Exercise directions: Scan the records for lines with the string "List". Say how many there are, and add nothing.

Material to process:
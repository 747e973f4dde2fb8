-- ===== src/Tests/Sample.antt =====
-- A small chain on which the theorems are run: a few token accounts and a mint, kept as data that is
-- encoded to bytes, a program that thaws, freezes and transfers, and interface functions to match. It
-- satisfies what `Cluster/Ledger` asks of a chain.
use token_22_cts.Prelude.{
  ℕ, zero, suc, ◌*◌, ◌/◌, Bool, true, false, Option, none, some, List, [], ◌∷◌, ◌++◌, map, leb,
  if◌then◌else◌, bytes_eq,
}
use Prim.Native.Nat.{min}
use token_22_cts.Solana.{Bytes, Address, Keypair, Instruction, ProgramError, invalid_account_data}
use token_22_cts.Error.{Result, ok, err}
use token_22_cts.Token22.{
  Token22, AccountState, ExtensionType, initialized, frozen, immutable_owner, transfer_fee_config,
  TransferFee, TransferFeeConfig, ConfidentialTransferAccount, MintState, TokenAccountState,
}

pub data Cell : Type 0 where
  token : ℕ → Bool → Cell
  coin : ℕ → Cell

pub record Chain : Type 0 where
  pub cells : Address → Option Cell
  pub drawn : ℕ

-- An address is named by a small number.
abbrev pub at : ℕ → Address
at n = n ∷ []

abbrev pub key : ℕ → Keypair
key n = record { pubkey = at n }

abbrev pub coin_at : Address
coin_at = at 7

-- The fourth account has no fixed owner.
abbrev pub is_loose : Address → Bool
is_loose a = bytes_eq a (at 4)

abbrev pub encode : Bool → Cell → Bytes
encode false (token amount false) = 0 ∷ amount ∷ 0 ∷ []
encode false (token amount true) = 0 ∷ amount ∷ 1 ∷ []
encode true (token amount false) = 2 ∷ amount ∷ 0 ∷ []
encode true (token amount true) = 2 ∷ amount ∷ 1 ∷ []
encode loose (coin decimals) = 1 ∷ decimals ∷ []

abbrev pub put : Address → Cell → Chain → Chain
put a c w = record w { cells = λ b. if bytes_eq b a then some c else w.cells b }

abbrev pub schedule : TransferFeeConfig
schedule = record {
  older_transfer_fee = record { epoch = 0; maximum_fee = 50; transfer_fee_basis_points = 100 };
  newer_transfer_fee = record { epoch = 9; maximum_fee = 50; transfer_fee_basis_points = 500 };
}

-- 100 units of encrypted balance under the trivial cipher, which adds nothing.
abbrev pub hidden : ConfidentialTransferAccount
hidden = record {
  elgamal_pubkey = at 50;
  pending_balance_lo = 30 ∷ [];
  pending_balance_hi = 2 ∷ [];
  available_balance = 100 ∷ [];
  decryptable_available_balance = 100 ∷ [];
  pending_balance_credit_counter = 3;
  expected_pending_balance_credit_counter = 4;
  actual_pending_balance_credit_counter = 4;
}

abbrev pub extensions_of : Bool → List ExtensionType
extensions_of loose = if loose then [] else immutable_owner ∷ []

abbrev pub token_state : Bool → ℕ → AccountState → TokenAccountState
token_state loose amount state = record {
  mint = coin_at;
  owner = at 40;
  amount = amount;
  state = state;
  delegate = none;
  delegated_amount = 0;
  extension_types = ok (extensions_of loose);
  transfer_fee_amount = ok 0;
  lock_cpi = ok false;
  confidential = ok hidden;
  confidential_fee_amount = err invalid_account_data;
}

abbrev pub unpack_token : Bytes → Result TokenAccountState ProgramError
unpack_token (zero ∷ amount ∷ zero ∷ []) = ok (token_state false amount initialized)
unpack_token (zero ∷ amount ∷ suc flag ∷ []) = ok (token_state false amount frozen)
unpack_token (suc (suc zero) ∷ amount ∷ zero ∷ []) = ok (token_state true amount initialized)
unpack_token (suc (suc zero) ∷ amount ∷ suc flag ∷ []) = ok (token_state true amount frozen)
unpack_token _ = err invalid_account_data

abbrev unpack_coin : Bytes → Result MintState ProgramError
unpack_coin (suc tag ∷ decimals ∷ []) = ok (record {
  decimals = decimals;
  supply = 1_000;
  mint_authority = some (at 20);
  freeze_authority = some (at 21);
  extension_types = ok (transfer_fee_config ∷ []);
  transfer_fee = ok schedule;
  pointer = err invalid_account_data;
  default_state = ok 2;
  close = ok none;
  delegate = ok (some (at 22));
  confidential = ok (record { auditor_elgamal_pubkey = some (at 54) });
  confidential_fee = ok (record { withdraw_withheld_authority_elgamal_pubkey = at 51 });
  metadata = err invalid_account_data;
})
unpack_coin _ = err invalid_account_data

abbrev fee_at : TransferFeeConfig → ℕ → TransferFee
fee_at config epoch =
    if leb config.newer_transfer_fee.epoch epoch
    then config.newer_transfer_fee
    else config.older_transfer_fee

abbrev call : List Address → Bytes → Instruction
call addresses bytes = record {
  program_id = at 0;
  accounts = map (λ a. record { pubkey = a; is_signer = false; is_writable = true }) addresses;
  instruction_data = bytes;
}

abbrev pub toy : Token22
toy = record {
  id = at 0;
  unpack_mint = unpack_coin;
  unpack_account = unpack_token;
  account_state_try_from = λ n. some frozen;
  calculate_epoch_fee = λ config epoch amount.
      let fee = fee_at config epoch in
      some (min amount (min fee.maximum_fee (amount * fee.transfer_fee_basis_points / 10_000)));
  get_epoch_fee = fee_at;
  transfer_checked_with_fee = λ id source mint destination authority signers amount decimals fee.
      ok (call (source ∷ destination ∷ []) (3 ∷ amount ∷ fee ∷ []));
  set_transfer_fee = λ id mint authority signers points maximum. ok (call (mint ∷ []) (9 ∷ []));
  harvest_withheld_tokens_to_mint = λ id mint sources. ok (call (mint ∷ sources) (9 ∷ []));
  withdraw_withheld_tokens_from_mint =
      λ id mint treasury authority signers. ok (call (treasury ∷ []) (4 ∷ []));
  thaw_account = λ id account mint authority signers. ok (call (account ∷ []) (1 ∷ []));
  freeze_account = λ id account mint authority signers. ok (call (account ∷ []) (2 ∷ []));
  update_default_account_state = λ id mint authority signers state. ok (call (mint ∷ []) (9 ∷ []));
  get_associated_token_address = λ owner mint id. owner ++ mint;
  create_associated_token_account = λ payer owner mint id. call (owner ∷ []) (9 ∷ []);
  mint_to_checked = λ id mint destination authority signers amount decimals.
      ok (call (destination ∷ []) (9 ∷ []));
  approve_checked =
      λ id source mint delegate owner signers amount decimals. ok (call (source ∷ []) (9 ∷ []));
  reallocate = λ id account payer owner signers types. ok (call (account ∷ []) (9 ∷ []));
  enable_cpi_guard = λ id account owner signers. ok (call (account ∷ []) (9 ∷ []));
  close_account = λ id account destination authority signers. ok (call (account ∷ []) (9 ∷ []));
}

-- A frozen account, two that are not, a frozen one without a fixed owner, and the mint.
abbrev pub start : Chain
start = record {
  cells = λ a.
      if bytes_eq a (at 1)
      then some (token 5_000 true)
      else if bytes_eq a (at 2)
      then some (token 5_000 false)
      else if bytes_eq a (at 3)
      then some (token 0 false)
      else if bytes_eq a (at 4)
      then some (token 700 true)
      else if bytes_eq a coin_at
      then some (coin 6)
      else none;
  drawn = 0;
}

Task response: 3